Stored items
+ + + + +

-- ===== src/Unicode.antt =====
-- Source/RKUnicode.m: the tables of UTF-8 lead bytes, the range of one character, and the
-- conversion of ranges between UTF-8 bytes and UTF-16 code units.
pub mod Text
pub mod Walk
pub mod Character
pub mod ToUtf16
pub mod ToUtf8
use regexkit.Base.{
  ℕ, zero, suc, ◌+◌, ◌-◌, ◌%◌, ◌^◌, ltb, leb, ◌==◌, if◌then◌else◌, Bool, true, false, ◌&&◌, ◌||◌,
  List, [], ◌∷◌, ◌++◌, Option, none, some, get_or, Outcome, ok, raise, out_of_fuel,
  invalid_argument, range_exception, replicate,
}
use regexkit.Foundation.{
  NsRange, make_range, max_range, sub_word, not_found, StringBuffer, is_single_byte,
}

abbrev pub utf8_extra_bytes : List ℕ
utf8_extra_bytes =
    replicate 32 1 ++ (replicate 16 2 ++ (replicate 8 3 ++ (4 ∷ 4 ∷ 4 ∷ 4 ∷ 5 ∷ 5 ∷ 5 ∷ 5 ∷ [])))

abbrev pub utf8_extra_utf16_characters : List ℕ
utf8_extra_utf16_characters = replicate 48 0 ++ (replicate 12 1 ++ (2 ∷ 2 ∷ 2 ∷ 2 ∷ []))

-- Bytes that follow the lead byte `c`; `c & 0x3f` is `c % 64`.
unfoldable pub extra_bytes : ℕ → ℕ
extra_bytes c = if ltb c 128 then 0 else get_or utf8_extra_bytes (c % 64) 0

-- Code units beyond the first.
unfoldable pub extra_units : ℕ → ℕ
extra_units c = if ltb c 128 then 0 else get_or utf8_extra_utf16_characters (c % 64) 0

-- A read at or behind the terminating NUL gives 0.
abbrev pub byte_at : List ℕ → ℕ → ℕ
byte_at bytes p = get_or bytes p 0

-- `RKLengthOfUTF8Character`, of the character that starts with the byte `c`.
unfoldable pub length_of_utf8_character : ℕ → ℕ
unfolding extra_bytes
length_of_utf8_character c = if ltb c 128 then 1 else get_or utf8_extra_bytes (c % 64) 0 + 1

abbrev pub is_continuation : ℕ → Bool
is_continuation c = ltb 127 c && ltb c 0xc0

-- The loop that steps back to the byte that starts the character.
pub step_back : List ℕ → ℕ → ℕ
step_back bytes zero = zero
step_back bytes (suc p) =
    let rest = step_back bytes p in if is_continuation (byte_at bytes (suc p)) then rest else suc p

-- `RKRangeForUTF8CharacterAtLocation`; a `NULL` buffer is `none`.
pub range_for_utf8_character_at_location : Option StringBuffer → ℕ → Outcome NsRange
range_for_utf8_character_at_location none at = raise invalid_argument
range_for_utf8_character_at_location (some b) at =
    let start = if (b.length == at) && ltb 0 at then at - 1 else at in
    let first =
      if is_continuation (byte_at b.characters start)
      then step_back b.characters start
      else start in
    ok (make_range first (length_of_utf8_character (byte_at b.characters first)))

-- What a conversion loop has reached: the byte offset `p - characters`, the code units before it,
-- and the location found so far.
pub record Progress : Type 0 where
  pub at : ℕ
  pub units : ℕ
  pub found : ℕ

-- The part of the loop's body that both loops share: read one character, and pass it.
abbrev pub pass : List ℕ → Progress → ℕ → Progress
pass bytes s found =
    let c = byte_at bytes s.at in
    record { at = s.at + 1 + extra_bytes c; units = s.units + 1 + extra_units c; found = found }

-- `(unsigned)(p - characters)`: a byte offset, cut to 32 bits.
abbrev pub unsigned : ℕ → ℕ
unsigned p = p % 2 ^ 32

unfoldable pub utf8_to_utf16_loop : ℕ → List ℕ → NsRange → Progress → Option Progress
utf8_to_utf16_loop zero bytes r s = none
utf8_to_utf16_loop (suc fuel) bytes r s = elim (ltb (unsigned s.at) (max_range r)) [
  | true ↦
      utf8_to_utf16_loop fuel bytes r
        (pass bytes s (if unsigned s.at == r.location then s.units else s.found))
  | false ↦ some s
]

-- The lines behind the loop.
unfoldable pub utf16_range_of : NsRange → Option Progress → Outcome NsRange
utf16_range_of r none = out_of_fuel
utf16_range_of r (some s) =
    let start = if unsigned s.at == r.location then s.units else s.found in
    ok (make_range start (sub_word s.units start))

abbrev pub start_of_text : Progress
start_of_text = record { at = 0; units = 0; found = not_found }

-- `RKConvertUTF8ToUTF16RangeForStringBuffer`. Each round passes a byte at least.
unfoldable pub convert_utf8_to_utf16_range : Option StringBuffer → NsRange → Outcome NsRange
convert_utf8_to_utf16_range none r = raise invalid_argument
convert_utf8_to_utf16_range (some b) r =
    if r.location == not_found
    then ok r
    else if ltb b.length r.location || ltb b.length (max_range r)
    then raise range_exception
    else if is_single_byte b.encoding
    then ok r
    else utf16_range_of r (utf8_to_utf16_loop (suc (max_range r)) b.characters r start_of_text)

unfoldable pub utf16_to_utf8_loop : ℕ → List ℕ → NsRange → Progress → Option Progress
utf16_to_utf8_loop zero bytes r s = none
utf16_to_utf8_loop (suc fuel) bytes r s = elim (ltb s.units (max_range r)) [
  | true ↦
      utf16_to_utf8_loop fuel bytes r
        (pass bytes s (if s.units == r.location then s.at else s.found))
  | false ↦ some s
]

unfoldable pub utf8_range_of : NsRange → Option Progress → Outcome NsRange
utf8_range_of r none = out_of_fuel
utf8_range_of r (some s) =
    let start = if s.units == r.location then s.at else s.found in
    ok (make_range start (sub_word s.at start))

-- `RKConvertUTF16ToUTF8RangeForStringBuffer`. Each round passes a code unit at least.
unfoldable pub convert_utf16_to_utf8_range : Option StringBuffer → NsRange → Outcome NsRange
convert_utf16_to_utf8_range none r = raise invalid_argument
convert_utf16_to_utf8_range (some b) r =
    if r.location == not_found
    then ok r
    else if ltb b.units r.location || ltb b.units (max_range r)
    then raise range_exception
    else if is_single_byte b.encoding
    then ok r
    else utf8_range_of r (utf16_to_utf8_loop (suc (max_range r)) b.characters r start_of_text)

+ + + + +

▸ **What you need to do**
Please find every line in the records above that holds the word "Bool" and copy it.

▸ **Response area**
  ℕ, zero, suc, ◌+◌, ◌-◌, ◌%◌, ◌^◌, ltb, leb, ◌==◌, if◌then◌else◌, Bool, true, false, ◌&&◌, ◌||◌,
abbrev pub is_continuation : ℕ → Bool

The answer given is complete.